We have an external database. The database is emptied & re-populate daily. The content is 80% similiar as the previous database. There is no uniq index field saying the 1st 80% are old data & the last 20% of data are new incoming data. The total records are 6 million.
We use Splunk DB Connect to bring in the data. Over time, the total records become 50 million. 8x more data. The simple search like index="XXX" is taking longer than dbxquery and saved search.
We observed using stats can improve the stat command for index="XXX". But, we still need to further improve the query turnaround time. Hence we are thinking of substituting the index="XXX" with dbxquery or saved_search to further boost the stats query. We tried with 3 syntaxes attached. Observed "no result found" when substituting index="XXX" with dbxquery & saved_searched. Can we learn the right syntax to put tstats & dbxquery or saved_searched together, please?
Maybe. It depends on how you want to use them and what the end goal is. Tell us more about your use case.

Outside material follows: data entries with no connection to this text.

-- ===== src/System/Examples.antt =====
-- The theorems about the system stack at packets between 172.18.0.1 and 1.2.3.4.
use sing_tun.Base.{ℕ, ap, ◌+◌, ◌≡◌, refl, false, Option, none, some, List, [], ◌∷◌, arith, All}
use sing_tun.Base.Bytes.{◌>>=◌, get8, get16, get32, slice}
use sing_tun.Base.Net.{AddrPort}
use sing_tun.Checksum.Words.{IsByte}
use sing_tun.Header.{
  ip_version, ip_flags, fragment_offset, header_length, total_length, payload_length, ipv4_is_valid,
  transport_protocol, source_addr, destination_addr, source_port, destination_port,
}
use sing_tun.Nat.{TcpNat, new_nat, lookup, lookup_back}
use sing_tun.Nat.Allocate.{lookup-new_nat}
use sing_tun.Nat.Refresh.{new_nat-Inv}
use sing_tun.System.{
  System, Packet, Step, new_packet, settle, bytes, ipv4_packet, UdpWriter, rewrite_ipv4_tcp,
}
use sing_tun.System.Tcp.{process_ipv4_tcp, reset_packet}
use sing_tun.System.Udp.{process_ipv4_udp, deliver, udp_write_packet}
use sing_tun.System.Icmp.{Direct, direct_none, echo_reply}
use sing_tun.System.Process.{finished, process_ipv4, process_transport, process_packet}
use sing_tun.System.Sealed.{IsTcpPacket, Readdressed, rewrite_ipv4_tcp_lem}
use sing_tun.System.Route.{HasFlow, flow, IsRunning, with_nat, Sent, process_ipv4_tcp_restores}
use sing_tun.System.Reset.{HasSegment, reset_for, IsReset, reset_packet_lem}
use sing_tun.System.Echo.{IsIcmpPacket, IsEcho, echo_reply_lem}
use sing_tun.System.Turned.{HasHeaders}
use sing_tun.System.Reply.{IsReply, udp_write_packet_lem}
use sing_tun.System.Keeping.{Keeps}
use sing_tun.System.Kept.{process_packet-Keeps}
use sing_tun.System.Short.{TcpBound, process_packet_short}
use sing_tun.System.Loops.{
  Event, call, write, batch_write, Loop, Arrival, tun_step, tun_loop, batch, batch_step, batch_loop,
}

-- 172.18.0.1 and the addresses around it, and 1.2.3.4.
abbrev own : ℕ
own = 2886860801

abbrev remote : ℕ
remote = 16909060

abbrev nat : TcpNat
nat = new_nat 3000000000

abbrev stack : System
stack = record {
  mtu = 1500;
  inet4_address = own;
  inet4_next_address = own + 1;
  broadcast_addr = some (own + 2);
  inet4_loopback_address = [];
  tcp_port = 5000;
  tcp_nat4 = some nat;
  inet6_address = 0;
  inet6_next_address = 0;
  inet6_loopback_address = [];
  tcp_port6 = 0;
  tcp_nat6 = none;
  tx_checksum_offload = false;
}

-- A SYN segment from port 40000 to port 443.
abbrev syn : Packet
syn = record {
  header = 69 ∷ 0 ∷ 0 ∷ 40 ∷ 0 ∷ 7 ∷ 0 ∷ 0 ∷ 64 ∷ 6 ∷ 0 ∷ 0 ∷ 172 ∷ 18 ∷ 0 ∷ 1 ∷ 1 ∷ 2 ∷ 3 ∷ 4 ∷ [];
  payload =
      156 ∷ 64 ∷ 1 ∷ 187 ∷ 0 ∷ 0 ∷ 1 ∷ 0 ∷ 0 ∷ 0 ∷ 0 ∷ 0 ∷ 80 ∷ 2 ∷ 4 ∷ 0 ∷ 0 ∷ 0 ∷ 0 ∷ 0 ∷ [];
  trailer = [];
}

-- The listener's answer to port 10000 of the next address.
abbrev answer : Packet
answer = record {
  header =
      69 ∷ 0 ∷ 0 ∷ 40 ∷ 0 ∷ 0 ∷ 0 ∷ 0 ∷ 64 ∷ 6 ∷ 0 ∷ 0 ∷ 172 ∷ 18 ∷ 0 ∷ 1 ∷ 172 ∷ 18 ∷ 0 ∷ 2 ∷ [];
  payload =
      19 ∷ 136 ∷ 39 ∷ 16 ∷ 0 ∷ 0 ∷ 9 ∷ 0 ∷ 0 ∷ 0 ∷ 1 ∷ 1 ∷ 80 ∷ 18 ∷ 4 ∷ 0 ∷ 0 ∷ 0 ∷ 0 ∷ 0 ∷ [];
  trailer = [];
}

abbrev client_end : AddrPort
client_end = record { addr = own; port = 40000 }

abbrev server_end : AddrPort
server_end = record { addr = remote; port = 443 }

syn-IsTcpPacket : IsTcpPacket syn
unfolding ip_version
syn-IsTcpPacket = record {
  whole = record {
    header_bytes = grind arith;
    payload_bytes = grind arith;
    header_room = omega arith;
    payload_room = omega arith;
  };
  version = refl;
  small = omega arith;
}

answer-IsTcpPacket : IsTcpPacket answer
unfolding ip_version
answer-IsTcpPacket = record {
  whole = record {
    header_bytes = grind arith;
    payload_bytes = grind arith;
    header_room = omega arith;
    payload_room = omega arith;
  };
  version = refl;
  small = omega arith;
}

syn-HasFlow : HasFlow syn client_end server_end
unfolding source_addr destination_addr source_port destination_port get32 get16
syn-HasFlow = record { src_addr = refl; src_port = refl; dst_addr = refl; dst_port = refl }

answer-HasFlow :
    HasFlow answer (record { addr = own; port = 5000 }) (record { addr = own + 1; port = 10000 })
unfolding source_addr destination_addr source_port destination_port get32 get16
answer-HasFlow = record { src_addr = refl; src_port = refl; dst_addr = refl; dst_port = refl }

rewrite_ipv4_tcp_lem_example :
    (q : Packet) × (rewrite_ipv4_tcp syn false (own + 1) (some 10000) own (some 5000) ≡ some q)
    × Readdressed syn false (own + 1) own (some 10000) (some 5000) q
rewrite_ipv4_tcp_lem_example =
    rewrite_ipv4_tcp_lem syn false (own + 1) (some 10000) own (some 5000) syn-IsTcpPacket
      (omega arith) (omega arith) (omega arith) (omega arith)

stack-IsRunning : IsRunning stack nat
stack-IsRunning = record {
  has_nat = refl;
  linked = new_nat-Inv 3000000000;
  address = omega arith;
  next_address = omega arith;
  port = omega arith;
}

syn_port : (lookup nat (flow client_end server_end) 5).1 ≡ some 10000
syn_port = lookup-new_nat 3000000000 5 (flow client_end server_end)

abbrev nat_after : TcpNat
nat_after = (lookup nat (flow client_end server_end) 5).0

process_ipv4_tcp_restores_example :
    Sent (process_ipv4_tcp stack 5 syn) stack nat_after syn (own + 1) own (some 10000) (some 5000)
    × Sent
        (process_ipv4_tcp (with_nat stack nat_after) 9 answer)
        (with_nat stack nat_after)
        (lookup_back nat_after 10000 9).0
        answer
        remote
        own
        (some 443)
        (some 40000)
process_ipv4_tcp_restores_example =
    process_ipv4_tcp_restores stack nat 5 9 syn answer client_end server_end 10000 stack-IsRunning
      refl
      (record {
        is_tcp = syn-IsTcpPacket;
        has_flow = syn-HasFlow;
        global = refl;
        elsewhere = refl;
        not_loopback = refl;
      })
      syn_port (record { is_tcp = answer-IsTcpPacket; has_flow = answer-HasFlow })

syn-HasSegment : HasSegment syn.payload 256 0 2 0
unfolding get32 get8
syn-HasSegment = record {
  seq_num = refl;
  ack_num = refl;
  flags_eq = refl;
  offset = 80;
  offset_eq = refl;
  ends = refl;
}

reset_packet_lem_example :
    IsReset syn false
      (reset_for client_end server_end 256 0 2 0)
      client_end
      server_end
      (reset_packet syn false)
reset_packet_lem_example =
    reset_packet_lem syn false client_end server_end 256 0 2 0 syn-IsTcpPacket syn-HasFlow
      syn-HasSegment (omega arith)

abbrev echo_request : Packet
echo_request = record syn { payload = 8 ∷ 0 ∷ 0 ∷ 0 ∷ 0 ∷ 1 ∷ 0 ∷ 1 ∷ 104 ∷ [] }

echo_request-IsIcmpPacket : IsIcmpPacket echo_request
unfolding header_length get8
echo_request-IsIcmpPacket = record {
  header_bytes = grind arith;
  payload_bytes = grind arith;
  header_room = omega arith;
  header_eq = refl;
  payload_room = omega arith;
}

echo_reply_lem_example : (q : Packet) × (echo_reply echo_request ≡ some q) × IsEcho echo_request q
echo_reply_lem_example = echo_reply_lem echo_request echo_request-IsIcmpPacket

-- The headers of a datagram from port 40000 to port 53.
abbrev writer : UdpWriter
writer = record {
  header =
      69 ∷ 0 ∷ 0 ∷ 40 ∷ 0 ∷ 7 ∷ 0 ∷ 0 ∷ 64 ∷ 17 ∷ 0 ∷ 0 ∷ 172 ∷ 18 ∷ 0 ∷ 1 ∷ 1 ∷ 2 ∷ 3 ∷ 4 ∷ 156
      ∷ 64 ∷ 0 ∷ 53 ∷ 0 ∷ 9 ∷ 0 ∷ 0 ∷ [];
  source = client_end;
  tx_checksum_offload = false;
}

writer-HasHeaders : HasHeaders writer.header 20
unfolding header_length get8
writer-HasHeaders = record {
  all_bytes = grind arith;
  header_eq = refl;
  header_room = omega arith;
  even = refl;
  length_eq = refl;
}

abbrev dns_answer : List ℕ
dns_answer = 1 ∷ 2 ∷ 3 ∷ []

dns_answer_bytes : All IsByte dns_answer
dns_answer_bytes = grind arith

udp_write_packet_lem_example :
    IsReply writer 20 dns_answer server_end (udp_write_packet writer dns_answer server_end)
udp_write_packet_lem_example =
    udp_write_packet_lem writer 20 dns_answer server_end writer-HasHeaders dns_answer_bytes
      (record { addr_fits = omega arith; port_fits = omega arith }) (omega arith)

-- No route is direct.
abbrev no_direct : ℕ → ℕ → Direct
no_direct src dst = direct_none

-- A packet of another protocol is written back.
abbrev gre_packet : List ℕ
gre_packet =
    69 ∷ 0 ∷ 0 ∷ 22 ∷ 0 ∷ 7 ∷ 0 ∷ 0 ∷ 64 ∷ 47 ∷ 0 ∷ 0 ∷ 172 ∷ 18 ∷ 0 ∷ 1 ∷ 1 ∷ 2 ∷ 3 ∷ 4 ∷ 156 ∷ 64
    ∷ []

abbrev syn_done : Step
syn_done = process_ipv4_tcp_restores_example.0.0

-- The SYN goes to the listener through the NAT.
syn_way :
    process_packet stack 5 no_direct no_direct [] (bytes syn) ≡ some (finished (settle syn_done))
unfolding process_packet process_ipv4 process_transport ip_version ipv4_is_valid ipv4_packet
    transport_protocol destination_addr header_length total_length payload_length get8 get16 get32
    slice
syn_way =
    ap (λ (m : Option Step). (m >>= λ st. some (settle st)) >>= λ st. some (finished st))
      process_ipv4_tcp_restores_example.0.1

process_packet-Keeps_example : Keeps stack (settle syn_done).system
process_packet-Keeps_example =
    process_packet-Keeps stack 5 no_direct no_direct [] (bytes syn) (finished (settle syn_done))
      syn_way

-- A TCP packet with two bytes of payload.
abbrev short_packet : List ℕ
short_packet =
    69 ∷ 0 ∷ 0 ∷ 22 ∷ 0 ∷ 7 ∷ 0 ∷ 0 ∷ 64 ∷ 6 ∷ 0 ∷ 0 ∷ 172 ∷ 18 ∷ 0 ∷ 1 ∷ 1 ∷ 2 ∷ 3 ∷ 4 ∷ 156 ∷ 64
    ∷ []

abbrev short_parts : Packet
short_parts = record {
  header = 69 ∷ 0 ∷ 0 ∷ 22 ∷ 0 ∷ 7 ∷ 0 ∷ 0 ∷ 64 ∷ 6 ∷ 0 ∷ 0 ∷ 172 ∷ 18 ∷ 0 ∷ 1 ∷ 1 ∷ 2 ∷ 3 ∷ 4 ∷ [];
  payload = 156 ∷ 64 ∷ [];
  trailer = [];
}

short-TcpBound : TcpBound stack short_packet short_parts nat remote
unfolding ip_version ipv4_is_valid ipv4_packet transport_protocol destination_addr header_length
    total_length payload_length get8 get16 get32 slice
short-TcpBound = record {
  version = refl;
  valid = refl;
  split = refl;
  protocol = refl;
  destination = refl;
  not_broadcast = refl;
  global = refl;
  has_nat = refl;
}

process_packet_short_example : process_packet stack 5 no_direct no_direct [] short_packet ≡ none
process_packet_short_example =
    process_packet_short stack 5 no_direct no_direct [] short_packet short_parts nat remote
      short-TcpBound (omega arith)

abbrev start : Loop
start = record { system = stack; events = [] }

abbrev arrive : ℕ → List ℕ → Arrival
arrive now b = record {
  now = now;
  direct4 = no_direct;
  direct6 = no_direct;
  stale = [];
  packet = b;
}

-- A datagram of one byte for the handler.
abbrev datagram : List ℕ
datagram =
    69 ∷ 0 ∷ 0 ∷ 29 ∷ 0 ∷ 7 ∷ 0 ∷ 0 ∷ 64 ∷ 17 ∷ 0 ∷ 0 ∷ 172 ∷ 18 ∷ 0 ∷ 1 ∷ 1 ∷ 2 ∷ 3 ∷ 4 ∷ 156 ∷ 64
    ∷ 0 ∷ 53 ∷ 0 ∷ 9 ∷ 0 ∷ 0 ∷ 7 ∷ []

abbrev handed : Event
handed = call (
    new_packet client_end (record { addr = remote; port = 53 }) (7 ∷ [])
      (record {
        header =
            69 ∷ 0 ∷ 0 ∷ 29 ∷ 0 ∷ 7 ∷ 0 ∷ 0 ∷ 64 ∷ 17 ∷ 0 ∷ 0 ∷ 172 ∷ 18 ∷ 0 ∷ 1 ∷ 1 ∷ 2 ∷ 3 ∷ 4
            ∷ 156 ∷ 64 ∷ 0 ∷ 53 ∷ 0 ∷ 9 ∷ 0 ∷ 0 ∷ [];
        source = client_end;
        tx_checksum_offload = false;
      }))

abbrev batches : List (List Arrival)
batches = (arrive 5 gre_packet ∷ arrive 5 (96 ∷ []) ∷ arrive 6 datagram ∷ []) ∷ []

batch_runs :
    batch_loop start batches
    ≡ some (record { system = stack; events = handed ∷ batch_write (gre_packet ∷ []) ∷ [] })
unfolding batch_loop batch_step batch process_packet process_ipv4 process_transport ip_version
    ipv4_is_valid ipv4_packet transport_protocol destination_addr header_length total_length
    payload_length get8 get16 get32 slice process_ipv4_udp deliver source_addr source_port
    destination_port ip_flags fragment_offset
batch_runs = refl

tun_runs :
    tun_loop start (arrive 5 gre_packet ∷ arrive 5 (96 ∷ []) ∷ arrive 6 datagram ∷ [])
    ≡ some (record { system = stack; events = write gre_packet ∷ handed ∷ [] })
unfolding tun_loop tun_step process_packet process_ipv4 process_transport ip_version ipv4_is_valid
    ipv4_packet transport_protocol destination_addr header_length total_length payload_length get8
    get16 get32 slice process_ipv4_udp deliver source_addr source_port destination_port ip_flags
    fragment_offset
tun_runs = refl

tstats and dbxquery are both generating commands so there are limits to how they can be used together. Either command can be in a subsearch or tstats can use the append=t option.
## This one work
| tstats count where (index="XXX" ) groupby date_time
| where date_time like "2022%"
| fields date_time
| dedup date_time
# This one not working
| tstats count where (loadjob savedsearch="XXX:YYY") groupby date_time
| where date_time like "2022%"
| fields date_time
| dedup date_time
# This one not working
| tstats count where (dbxquery XXX) groupby date_time
| where date_time like "2022%"
| fields date_time
| dedup date_time
The first command works because it uses correct syntax.
The others attempt to replace a set of key=value pairs with a command that returns who knows what. Per the Search Reference Manual:
WHERE clauses in tstat searches must contain field-value pairs that are indexed, as well as characters that are not major breakers or minor breakers.
If you can get the loadjob or dbxquery command to return a list of key=value pairs then it might work. Keep in mind that both are generating commands so they must be prefixed by |. You may need to use a subsearch containing a format command.
| tstats count where date_time="2022*" ( [ | loadjob savedsearch="XXX:YYY" | format ] ) groupby date_time
| fields date_time
Notice how the where clause moved into the tstats command for better performance and the redundant dedup command was removed (the groupby option removes duplicates).